Task to complete — Records follow. Select each line holding "count".

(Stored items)
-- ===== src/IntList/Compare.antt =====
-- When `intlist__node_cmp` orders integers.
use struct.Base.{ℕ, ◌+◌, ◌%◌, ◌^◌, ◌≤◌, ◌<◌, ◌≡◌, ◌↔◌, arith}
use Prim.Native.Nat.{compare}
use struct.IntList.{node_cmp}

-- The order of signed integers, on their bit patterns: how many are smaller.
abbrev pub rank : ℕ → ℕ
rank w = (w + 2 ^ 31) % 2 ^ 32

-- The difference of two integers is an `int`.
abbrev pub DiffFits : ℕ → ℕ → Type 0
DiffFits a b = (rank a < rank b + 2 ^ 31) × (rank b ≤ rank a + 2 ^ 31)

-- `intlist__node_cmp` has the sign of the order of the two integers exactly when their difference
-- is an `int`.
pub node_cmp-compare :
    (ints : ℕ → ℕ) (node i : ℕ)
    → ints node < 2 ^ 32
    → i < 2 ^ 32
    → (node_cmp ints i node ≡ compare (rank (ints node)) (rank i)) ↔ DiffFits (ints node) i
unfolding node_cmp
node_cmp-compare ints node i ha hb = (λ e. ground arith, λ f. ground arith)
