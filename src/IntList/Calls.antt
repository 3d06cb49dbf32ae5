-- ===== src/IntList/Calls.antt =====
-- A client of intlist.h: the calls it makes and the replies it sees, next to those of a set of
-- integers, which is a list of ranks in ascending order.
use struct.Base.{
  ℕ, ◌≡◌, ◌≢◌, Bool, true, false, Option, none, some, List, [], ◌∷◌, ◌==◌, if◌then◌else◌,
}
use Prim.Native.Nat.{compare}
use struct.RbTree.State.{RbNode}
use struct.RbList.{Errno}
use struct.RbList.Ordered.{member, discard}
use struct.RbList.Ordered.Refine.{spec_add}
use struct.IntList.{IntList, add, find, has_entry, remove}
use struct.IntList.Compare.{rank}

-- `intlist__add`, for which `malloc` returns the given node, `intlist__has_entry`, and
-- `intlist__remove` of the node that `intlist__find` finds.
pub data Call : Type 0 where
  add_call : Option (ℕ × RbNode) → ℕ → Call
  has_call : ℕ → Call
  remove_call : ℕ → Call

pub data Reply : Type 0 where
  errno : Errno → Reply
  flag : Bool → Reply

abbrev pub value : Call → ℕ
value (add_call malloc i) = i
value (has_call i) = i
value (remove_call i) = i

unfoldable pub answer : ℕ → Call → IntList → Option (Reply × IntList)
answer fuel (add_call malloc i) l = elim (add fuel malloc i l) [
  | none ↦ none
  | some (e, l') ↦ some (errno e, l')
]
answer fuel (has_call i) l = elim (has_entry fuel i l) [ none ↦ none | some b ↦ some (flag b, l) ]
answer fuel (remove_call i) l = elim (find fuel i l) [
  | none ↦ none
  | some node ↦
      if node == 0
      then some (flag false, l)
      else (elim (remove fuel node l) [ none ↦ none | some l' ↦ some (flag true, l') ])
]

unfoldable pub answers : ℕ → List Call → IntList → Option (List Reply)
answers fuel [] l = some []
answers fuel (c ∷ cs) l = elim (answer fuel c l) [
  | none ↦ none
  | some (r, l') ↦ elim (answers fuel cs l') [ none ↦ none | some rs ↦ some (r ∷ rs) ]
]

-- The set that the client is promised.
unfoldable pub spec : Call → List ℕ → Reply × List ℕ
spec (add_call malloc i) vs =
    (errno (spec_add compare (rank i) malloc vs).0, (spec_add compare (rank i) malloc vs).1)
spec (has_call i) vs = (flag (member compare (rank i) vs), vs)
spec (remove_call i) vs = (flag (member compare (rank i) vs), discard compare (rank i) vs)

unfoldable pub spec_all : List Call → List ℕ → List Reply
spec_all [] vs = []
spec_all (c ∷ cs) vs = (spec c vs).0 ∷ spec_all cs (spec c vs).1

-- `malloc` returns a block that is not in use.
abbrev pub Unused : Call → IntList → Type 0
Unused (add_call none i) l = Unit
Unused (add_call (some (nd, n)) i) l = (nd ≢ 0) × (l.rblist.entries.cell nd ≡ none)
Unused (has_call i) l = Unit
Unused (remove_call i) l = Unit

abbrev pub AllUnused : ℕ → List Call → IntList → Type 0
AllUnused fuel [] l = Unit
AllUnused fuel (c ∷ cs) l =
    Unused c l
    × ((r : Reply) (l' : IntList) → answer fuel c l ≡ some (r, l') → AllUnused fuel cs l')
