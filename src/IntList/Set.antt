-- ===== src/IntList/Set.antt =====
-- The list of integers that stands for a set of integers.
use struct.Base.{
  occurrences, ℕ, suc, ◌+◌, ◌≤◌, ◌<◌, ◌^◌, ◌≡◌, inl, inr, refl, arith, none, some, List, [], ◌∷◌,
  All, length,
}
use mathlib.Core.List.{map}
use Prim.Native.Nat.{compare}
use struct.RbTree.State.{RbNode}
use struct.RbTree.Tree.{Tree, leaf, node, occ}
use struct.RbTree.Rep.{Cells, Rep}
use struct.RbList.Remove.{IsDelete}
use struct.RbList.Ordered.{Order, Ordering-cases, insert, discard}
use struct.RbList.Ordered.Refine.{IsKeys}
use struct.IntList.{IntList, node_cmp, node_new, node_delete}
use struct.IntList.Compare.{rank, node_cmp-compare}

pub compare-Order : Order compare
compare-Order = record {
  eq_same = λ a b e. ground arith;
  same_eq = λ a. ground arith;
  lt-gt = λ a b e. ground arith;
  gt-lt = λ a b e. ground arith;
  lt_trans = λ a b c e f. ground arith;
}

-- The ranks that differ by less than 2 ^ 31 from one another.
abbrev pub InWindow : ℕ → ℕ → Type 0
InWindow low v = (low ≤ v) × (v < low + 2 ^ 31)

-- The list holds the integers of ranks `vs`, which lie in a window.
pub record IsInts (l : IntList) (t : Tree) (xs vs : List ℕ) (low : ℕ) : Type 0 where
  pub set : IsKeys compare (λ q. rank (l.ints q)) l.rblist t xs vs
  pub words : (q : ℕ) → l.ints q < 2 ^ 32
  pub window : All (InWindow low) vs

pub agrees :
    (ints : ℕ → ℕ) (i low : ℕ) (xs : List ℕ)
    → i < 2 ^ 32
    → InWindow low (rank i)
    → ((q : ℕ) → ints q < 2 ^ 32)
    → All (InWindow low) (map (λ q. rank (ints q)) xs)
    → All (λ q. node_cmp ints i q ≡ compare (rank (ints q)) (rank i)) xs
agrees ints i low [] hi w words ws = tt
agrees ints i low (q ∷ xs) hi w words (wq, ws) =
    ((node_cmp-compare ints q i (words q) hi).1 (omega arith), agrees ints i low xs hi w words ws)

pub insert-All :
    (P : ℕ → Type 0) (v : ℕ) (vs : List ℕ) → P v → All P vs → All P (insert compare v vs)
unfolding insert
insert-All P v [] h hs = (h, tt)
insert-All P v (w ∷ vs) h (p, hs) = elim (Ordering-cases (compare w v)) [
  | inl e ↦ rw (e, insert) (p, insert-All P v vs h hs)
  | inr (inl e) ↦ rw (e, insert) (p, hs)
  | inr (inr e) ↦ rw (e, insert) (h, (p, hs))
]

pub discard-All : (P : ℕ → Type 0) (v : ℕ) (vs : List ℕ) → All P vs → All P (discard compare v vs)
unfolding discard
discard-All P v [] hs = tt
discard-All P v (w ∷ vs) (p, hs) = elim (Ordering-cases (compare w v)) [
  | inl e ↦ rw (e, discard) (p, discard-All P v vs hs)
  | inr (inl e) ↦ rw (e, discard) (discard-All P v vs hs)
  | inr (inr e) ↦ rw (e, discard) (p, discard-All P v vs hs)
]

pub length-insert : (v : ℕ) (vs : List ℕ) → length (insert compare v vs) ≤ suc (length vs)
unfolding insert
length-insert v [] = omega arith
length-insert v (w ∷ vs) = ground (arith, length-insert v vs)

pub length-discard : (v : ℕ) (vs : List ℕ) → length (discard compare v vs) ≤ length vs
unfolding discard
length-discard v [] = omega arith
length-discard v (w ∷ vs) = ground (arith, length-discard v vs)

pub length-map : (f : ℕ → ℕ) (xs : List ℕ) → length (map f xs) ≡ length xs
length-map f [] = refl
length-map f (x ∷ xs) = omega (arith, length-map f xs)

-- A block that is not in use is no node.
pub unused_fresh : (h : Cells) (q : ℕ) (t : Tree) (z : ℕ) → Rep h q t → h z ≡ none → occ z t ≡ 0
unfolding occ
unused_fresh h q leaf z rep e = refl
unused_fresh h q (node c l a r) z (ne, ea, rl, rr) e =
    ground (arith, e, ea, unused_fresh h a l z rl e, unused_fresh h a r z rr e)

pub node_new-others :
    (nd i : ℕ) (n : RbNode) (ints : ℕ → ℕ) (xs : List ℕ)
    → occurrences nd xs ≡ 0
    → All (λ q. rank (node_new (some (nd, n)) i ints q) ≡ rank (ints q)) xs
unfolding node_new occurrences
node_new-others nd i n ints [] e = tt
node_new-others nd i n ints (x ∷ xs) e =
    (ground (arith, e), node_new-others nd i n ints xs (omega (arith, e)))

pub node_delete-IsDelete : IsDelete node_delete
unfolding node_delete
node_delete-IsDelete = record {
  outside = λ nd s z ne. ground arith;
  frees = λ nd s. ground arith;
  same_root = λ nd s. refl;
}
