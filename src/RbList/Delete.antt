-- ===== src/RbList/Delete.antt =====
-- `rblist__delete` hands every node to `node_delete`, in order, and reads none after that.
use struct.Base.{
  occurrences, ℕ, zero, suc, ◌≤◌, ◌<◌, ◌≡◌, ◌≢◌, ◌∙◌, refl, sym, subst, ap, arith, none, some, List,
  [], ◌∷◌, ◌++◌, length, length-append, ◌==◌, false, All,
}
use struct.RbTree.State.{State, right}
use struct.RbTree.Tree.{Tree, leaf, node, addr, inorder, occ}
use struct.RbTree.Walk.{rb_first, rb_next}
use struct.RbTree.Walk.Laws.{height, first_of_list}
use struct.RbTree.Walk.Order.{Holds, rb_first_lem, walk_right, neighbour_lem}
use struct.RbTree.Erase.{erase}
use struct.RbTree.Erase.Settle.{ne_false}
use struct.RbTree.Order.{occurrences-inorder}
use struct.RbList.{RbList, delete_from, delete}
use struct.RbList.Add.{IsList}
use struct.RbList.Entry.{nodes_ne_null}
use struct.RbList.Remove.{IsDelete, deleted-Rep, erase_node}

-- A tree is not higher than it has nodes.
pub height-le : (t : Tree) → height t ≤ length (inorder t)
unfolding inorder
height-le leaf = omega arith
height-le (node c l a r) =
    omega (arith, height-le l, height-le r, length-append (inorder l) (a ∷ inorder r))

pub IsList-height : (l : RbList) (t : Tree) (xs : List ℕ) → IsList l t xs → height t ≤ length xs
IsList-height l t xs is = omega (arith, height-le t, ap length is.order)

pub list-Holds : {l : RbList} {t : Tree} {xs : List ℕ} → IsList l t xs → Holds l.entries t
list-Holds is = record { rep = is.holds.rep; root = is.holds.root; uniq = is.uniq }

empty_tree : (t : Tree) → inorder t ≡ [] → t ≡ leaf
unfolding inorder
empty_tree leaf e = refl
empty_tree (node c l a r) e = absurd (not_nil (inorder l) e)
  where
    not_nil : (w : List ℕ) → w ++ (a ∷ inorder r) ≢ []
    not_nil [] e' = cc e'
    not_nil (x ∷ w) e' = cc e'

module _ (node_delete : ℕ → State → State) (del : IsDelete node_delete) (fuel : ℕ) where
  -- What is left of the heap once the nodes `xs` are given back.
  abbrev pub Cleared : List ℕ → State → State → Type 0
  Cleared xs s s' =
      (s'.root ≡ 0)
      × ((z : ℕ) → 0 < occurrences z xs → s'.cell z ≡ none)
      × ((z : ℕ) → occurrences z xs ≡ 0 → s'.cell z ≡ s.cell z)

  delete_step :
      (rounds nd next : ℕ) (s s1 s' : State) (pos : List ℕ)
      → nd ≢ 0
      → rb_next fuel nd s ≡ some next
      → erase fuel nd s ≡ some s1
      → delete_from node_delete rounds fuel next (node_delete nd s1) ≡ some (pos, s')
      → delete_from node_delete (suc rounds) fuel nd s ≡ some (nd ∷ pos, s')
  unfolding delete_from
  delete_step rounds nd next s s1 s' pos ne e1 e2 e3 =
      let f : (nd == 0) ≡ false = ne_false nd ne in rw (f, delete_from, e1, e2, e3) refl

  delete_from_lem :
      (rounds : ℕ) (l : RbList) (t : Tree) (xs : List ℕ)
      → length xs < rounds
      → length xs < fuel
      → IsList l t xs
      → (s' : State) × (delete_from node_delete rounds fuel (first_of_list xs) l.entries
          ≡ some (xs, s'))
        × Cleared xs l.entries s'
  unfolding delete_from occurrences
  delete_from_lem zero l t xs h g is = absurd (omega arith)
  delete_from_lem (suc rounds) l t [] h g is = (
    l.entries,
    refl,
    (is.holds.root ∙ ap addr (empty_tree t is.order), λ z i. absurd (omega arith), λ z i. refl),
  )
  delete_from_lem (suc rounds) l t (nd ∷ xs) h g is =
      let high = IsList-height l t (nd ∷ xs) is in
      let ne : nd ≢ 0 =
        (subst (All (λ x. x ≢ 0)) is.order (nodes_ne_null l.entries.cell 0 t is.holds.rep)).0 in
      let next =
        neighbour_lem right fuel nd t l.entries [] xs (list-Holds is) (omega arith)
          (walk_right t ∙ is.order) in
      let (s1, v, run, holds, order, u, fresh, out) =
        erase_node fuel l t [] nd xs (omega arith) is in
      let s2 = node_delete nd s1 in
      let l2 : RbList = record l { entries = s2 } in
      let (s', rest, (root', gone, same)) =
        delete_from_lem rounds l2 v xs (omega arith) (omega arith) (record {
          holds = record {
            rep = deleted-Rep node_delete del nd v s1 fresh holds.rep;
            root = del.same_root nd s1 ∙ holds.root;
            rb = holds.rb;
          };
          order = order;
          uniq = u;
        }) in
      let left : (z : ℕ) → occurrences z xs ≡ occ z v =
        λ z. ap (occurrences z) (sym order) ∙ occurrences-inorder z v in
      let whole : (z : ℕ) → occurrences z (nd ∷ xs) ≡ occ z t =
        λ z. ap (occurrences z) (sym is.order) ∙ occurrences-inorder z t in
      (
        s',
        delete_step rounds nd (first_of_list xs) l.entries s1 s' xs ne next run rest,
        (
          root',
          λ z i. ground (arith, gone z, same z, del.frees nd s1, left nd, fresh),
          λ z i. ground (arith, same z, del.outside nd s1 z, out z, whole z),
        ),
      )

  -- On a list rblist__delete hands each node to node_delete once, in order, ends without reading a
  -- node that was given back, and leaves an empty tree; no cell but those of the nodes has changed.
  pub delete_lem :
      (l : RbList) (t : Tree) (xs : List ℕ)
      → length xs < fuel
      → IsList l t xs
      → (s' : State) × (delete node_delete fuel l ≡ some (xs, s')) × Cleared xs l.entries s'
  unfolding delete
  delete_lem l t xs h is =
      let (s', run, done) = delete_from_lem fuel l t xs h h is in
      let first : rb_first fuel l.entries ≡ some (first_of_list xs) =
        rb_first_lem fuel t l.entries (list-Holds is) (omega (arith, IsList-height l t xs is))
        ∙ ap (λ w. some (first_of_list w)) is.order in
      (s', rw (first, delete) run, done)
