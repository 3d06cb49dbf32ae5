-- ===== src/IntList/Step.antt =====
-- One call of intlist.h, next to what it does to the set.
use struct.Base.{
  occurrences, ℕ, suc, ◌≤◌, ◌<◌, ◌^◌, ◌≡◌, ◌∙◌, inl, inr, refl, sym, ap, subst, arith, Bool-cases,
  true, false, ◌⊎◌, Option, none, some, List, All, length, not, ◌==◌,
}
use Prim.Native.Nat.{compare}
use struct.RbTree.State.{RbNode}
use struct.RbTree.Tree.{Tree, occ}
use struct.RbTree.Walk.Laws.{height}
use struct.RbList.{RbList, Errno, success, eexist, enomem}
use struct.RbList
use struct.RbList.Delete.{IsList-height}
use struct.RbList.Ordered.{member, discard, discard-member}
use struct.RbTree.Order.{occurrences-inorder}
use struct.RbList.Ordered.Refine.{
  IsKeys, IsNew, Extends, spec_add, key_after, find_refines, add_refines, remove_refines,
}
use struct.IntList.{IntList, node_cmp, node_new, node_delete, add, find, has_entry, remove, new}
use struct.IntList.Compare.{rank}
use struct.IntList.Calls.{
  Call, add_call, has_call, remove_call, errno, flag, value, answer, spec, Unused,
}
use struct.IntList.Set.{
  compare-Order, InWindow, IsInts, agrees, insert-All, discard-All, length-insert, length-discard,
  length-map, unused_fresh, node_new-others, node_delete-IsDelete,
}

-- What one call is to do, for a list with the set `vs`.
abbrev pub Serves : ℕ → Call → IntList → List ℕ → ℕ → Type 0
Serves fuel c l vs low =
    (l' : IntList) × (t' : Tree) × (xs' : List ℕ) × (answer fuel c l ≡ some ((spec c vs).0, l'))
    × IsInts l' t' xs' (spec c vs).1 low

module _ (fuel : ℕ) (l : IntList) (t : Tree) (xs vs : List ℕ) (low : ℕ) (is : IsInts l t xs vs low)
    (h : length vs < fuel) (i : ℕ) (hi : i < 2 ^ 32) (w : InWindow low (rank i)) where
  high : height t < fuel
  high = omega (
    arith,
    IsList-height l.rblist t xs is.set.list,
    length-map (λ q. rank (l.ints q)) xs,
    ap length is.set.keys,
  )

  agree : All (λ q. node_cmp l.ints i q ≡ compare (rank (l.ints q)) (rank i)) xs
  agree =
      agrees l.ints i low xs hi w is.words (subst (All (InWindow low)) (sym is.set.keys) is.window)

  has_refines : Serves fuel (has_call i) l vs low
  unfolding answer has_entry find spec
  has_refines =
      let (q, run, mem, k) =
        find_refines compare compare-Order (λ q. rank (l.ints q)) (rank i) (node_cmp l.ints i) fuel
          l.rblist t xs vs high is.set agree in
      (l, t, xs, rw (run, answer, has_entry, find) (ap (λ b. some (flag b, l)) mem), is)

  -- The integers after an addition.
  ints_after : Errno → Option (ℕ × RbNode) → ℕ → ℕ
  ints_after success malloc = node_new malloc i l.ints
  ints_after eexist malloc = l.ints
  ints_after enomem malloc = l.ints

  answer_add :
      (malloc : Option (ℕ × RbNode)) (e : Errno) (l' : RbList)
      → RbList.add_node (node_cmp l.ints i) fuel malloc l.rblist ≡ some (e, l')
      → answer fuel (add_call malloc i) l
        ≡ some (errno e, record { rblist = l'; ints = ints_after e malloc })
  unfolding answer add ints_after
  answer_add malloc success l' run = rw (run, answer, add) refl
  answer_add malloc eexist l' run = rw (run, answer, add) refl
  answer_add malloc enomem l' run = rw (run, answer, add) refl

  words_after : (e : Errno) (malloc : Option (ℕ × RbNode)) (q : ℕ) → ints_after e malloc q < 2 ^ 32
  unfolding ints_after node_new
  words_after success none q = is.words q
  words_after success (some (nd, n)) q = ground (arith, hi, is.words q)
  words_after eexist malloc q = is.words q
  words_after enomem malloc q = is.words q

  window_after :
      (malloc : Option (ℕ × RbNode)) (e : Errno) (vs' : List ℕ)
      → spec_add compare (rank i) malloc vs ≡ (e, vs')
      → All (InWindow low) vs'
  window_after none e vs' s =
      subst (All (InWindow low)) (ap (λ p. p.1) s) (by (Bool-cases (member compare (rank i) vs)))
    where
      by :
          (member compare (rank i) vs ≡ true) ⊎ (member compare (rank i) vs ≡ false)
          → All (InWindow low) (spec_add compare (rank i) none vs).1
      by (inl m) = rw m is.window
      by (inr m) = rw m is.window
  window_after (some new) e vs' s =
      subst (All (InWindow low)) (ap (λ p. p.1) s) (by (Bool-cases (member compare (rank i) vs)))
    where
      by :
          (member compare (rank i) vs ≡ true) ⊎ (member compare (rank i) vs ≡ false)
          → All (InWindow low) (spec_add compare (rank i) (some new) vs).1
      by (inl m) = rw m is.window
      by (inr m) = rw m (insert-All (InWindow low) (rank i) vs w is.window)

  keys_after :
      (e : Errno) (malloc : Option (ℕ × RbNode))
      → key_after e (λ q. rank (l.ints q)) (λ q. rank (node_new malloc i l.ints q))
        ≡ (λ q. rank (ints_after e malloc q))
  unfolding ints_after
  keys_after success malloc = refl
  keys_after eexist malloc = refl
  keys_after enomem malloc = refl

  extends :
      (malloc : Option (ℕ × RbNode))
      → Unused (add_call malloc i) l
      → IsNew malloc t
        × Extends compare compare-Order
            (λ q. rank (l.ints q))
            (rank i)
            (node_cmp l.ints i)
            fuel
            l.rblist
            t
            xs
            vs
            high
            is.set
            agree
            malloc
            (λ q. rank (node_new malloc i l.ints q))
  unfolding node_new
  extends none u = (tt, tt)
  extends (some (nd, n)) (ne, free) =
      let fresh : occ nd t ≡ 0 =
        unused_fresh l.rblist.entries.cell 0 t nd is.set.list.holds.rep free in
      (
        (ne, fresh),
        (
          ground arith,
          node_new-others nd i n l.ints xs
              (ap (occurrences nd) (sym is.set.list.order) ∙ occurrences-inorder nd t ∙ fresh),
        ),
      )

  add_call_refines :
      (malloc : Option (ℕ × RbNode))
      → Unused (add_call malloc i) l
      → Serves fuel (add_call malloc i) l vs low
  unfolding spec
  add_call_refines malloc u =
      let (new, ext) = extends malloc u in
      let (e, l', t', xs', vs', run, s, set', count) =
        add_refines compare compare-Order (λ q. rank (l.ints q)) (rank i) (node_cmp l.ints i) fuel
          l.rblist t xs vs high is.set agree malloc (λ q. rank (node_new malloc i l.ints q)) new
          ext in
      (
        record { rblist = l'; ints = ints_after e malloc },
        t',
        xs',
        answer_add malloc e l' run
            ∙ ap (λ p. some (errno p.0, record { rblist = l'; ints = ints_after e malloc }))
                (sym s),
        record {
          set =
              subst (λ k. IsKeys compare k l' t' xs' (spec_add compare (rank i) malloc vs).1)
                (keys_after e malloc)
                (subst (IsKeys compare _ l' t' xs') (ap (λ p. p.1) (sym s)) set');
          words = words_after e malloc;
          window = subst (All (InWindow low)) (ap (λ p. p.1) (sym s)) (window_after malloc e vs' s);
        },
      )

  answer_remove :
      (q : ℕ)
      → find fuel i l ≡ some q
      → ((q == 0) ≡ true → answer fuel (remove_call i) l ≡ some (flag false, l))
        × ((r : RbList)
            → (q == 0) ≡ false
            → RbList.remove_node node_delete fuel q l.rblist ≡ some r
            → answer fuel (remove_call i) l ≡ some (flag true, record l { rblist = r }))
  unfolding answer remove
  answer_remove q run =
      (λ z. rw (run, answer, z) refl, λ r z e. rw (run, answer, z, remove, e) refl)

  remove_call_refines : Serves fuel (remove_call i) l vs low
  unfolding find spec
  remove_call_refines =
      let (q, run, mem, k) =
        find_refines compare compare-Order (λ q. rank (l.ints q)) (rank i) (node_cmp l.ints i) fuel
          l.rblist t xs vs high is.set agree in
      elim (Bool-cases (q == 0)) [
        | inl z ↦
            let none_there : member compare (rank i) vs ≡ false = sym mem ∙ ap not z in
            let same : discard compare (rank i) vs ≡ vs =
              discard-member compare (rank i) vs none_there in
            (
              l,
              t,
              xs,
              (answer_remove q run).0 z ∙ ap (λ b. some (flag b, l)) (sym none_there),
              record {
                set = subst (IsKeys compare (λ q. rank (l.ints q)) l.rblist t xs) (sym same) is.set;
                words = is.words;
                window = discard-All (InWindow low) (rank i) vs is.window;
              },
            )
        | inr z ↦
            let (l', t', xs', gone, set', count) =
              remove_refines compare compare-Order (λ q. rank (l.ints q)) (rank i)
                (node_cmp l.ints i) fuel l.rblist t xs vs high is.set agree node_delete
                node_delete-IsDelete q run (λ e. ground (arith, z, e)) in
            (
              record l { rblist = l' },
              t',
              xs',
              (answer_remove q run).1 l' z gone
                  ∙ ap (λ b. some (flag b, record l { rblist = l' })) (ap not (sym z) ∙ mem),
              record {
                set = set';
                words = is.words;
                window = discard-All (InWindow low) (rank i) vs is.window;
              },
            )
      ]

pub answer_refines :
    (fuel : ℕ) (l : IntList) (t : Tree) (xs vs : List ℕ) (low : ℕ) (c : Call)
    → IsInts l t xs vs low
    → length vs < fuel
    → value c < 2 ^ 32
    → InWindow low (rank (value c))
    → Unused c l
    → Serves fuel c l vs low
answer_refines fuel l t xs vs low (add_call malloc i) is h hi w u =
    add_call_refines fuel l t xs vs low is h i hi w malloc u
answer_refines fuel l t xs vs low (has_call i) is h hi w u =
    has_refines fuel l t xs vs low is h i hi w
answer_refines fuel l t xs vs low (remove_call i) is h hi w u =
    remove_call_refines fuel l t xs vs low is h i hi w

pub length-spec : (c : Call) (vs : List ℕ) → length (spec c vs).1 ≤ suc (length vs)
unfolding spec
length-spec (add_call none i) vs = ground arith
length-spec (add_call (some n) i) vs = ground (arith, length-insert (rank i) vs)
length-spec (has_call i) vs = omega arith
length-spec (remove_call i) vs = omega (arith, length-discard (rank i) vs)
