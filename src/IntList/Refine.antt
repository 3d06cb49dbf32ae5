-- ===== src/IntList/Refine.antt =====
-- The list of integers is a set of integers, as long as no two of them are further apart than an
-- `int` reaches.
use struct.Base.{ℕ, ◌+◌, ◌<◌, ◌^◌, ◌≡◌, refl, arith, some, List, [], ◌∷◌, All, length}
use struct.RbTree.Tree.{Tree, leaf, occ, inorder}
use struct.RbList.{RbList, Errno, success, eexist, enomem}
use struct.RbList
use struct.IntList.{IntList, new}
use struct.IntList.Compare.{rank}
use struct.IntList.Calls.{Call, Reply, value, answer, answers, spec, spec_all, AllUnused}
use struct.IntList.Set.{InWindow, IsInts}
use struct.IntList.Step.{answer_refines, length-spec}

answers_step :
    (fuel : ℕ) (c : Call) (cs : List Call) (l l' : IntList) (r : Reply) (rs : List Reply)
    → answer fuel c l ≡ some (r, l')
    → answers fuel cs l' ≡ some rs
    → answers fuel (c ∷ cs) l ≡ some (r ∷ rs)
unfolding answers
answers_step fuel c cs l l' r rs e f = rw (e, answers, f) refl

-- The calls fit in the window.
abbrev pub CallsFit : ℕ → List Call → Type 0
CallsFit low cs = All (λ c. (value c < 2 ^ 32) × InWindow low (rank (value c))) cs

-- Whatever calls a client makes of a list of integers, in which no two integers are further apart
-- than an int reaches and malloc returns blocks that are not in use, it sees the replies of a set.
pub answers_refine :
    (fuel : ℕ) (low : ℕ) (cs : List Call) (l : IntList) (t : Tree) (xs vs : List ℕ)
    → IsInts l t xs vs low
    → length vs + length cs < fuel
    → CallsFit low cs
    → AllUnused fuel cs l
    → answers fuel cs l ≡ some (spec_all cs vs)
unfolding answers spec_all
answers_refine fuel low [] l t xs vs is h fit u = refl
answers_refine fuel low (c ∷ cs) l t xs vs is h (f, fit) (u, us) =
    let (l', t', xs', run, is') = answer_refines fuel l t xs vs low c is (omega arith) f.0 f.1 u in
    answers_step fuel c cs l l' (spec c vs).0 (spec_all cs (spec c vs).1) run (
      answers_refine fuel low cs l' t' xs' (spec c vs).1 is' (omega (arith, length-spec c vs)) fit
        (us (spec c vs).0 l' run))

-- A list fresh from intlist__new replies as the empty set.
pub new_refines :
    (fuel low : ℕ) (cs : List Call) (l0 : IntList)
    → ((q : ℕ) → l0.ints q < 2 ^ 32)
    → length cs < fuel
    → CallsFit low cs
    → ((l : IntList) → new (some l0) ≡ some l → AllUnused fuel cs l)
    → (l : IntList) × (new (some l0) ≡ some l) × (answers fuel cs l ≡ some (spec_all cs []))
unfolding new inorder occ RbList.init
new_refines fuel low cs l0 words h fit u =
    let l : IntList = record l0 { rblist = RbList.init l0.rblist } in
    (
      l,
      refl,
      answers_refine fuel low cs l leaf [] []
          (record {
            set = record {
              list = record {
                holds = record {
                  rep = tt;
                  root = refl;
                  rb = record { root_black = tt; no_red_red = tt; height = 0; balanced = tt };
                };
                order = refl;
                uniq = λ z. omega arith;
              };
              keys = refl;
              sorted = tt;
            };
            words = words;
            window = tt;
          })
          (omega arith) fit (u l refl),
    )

Problem solution —
      let (e, l', t', xs', vs', run, s, set', count) =
            let (l', t', xs', gone, set', count) =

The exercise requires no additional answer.